MATERIAL FOR THIS EXERCISE START
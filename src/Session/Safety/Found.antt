-- ===== src/Session/Safety/Found.antt =====
-- src/system/timestamp.rs: `touch` after `create`.
use sudo_rs.Prelude.{ℕ, Bool, true, false, some, List, [], ◌∷◌, ◌++◌, arith}
use sudo_rs.Prelude.{◌≡◌, refl, ap, ◌∙◌}
use sudo_rs.Prelude.Lists.{All}
use sudo_rs.Session.Time.{SystemTime, Duration, checked_sub, time_le}
use sudo_rs.Session.Time.Order.{time_le_trans}
use sudo_rs.Session.Record.{RecordScope, SessionRecord, matches, written_between}
use sudo_rs.Session.Record.Codec.{IsRecord}
use sudo_rs.Session.Record.Scope.{matches_self}
use sudo_rs.Session.Store.{File, returned}
use sudo_rs.Session.Store.Layout.{file_bytes}
use sudo_rs.Session.Operations.{updated, touch, create}
use sudo_rs.Session.Records.{
  divide, absent, present, Divide-cases, Rejected, chosen_by_touch, touched, created_in,
}
use sudo_rs.Session.Refinement.Touch.{touch-Implements}
use sudo_rs.Session.Refinement.Create.{create-Implements}
use sudo_rs.Session.Run.{creating, performed, IsOperation}
use sudo_rs.Session.Run.Valid.{performed-IsRecord}
use sudo_rs.Session.Safety.{Rejected-map}

divide-present :
    (choose : SessionRecord → Bool) (before : List SessionRecord) (r : SessionRecord)
    (after : List SessionRecord)
    → Rejected choose before
    → choose r ≡ true
    → divide choose (before ++ (r ∷ after)) ≡ some (before, r, after)
unfolding divide
divide-present choose [] r after n y = rw (y, divide) refl
divide-present choose (s ∷ before) r after n y =
    rw (n.0, divide-present choose before r after n.1 y, divide) refl

module _ (now t new_time : SystemTime) (timeout : Duration) (scope : RecordScope) (auth_user : ℕ)
    (early : SystemTime) where
  touched_present :
      (before : List SessionRecord) (r : SessionRecord) (after : List SessionRecord)
      → Rejected (chosen_by_touch scope auth_user) before
      → chosen_by_touch scope auth_user r ≡ true
      → r.timestamp ≡ t
      → checked_sub now timeout ≡ some early
      → time_le early t ≡ true
      → time_le t now ≡ true
      → (touched now new_time timeout scope auth_user (before ++ (r ∷ after))).1
        ≡ returned (updated t new_time)
  unfolding touched written_between
  touched_present before r after n y q s lo hi =
      let between : written_between r early now ≡ true =
        rw (q, lo, hi, time_le_trans early t now lo hi) refl in
      rw (divide-present (chosen_by_touch scope auth_user) before r after n y, s, between, touched)
        (ap (λ k. returned (updated k new_time)) q)

  pub touched-created_in :
      (rs : List SessionRecord)
      → checked_sub now timeout ≡ some early
      → time_le early t ≡ true
      → time_le t now ≡ true
      → (touched now new_time timeout scope auth_user (created_in t scope auth_user rs).0).1
        ≡ returned (updated t new_time)
  unfolding created_in matches
  touched-created_in rs s lo hi =
      let weaken : (r : SessionRecord)
          → matches r scope auth_user ≡ false
          → chosen_by_touch scope auth_user r ≡ false =
        λ r h. ground arith in
      elim (Divide-cases (λ r. matches r scope auth_user) rs) [
        | absent a n ↦
            rw (a, created_in)
              (touched_present rs _ [] (Rejected-map _ _ weaken rs n)
                (matches_self scope auth_user t true) refl s lo hi)
        | present before r after p q n y ↦
            rw (p, created_in)
              (touched_present before _ after (Rejected-map _ _ weaken before n) y refl s lo hi)
      ]

  -- On a file that holds a list of records, `touch` after `create` for the same scope and user
  -- finds the record and renews it if the time of the creation is within the timeout at the time of
  -- `touch`.
  pub touch-create :
      (e : Bool) (rs : List SessionRecord) (f : File)
      → f.bytes ≡ file_bytes e rs
      → All IsRecord rs
      → IsOperation (creating t scope auth_user)
      → checked_sub now timeout ≡ some early
      → time_le early t ≡ true
      → time_le t now ≡ true
      → (touch e now new_time timeout scope auth_user (create e t scope auth_user f).0).1
        ≡ returned (updated t new_time)
  unfolding performed
  touch-create e rs f b v o s lo hi =
      let (p, _) = create-Implements e t scope auth_user rs f b v in
      let w = performed-IsRecord (creating t scope auth_user) rs o v in
      let (_, q) =
        touch-Implements e now new_time timeout scope auth_user (created_in t scope auth_user rs).0
          (create e t scope auth_user f).0 p w in
      q ∙ touched-created_in rs s lo hi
MATERIAL FOR THIS EXERCISE END
Look through the data above for the string "Bool" and copy every line where it appears.

> [SOLVED PROBLEM]:
use sudo_rs.Prelude.{ℕ, Bool, true, false, some, List, [], ◌∷◌, ◌++◌, arith}
    (choose : SessionRecord → Bool) (before : List SessionRecord) (r : SessionRecord)
      (e : Bool) (rs : List SessionRecord) (f : File)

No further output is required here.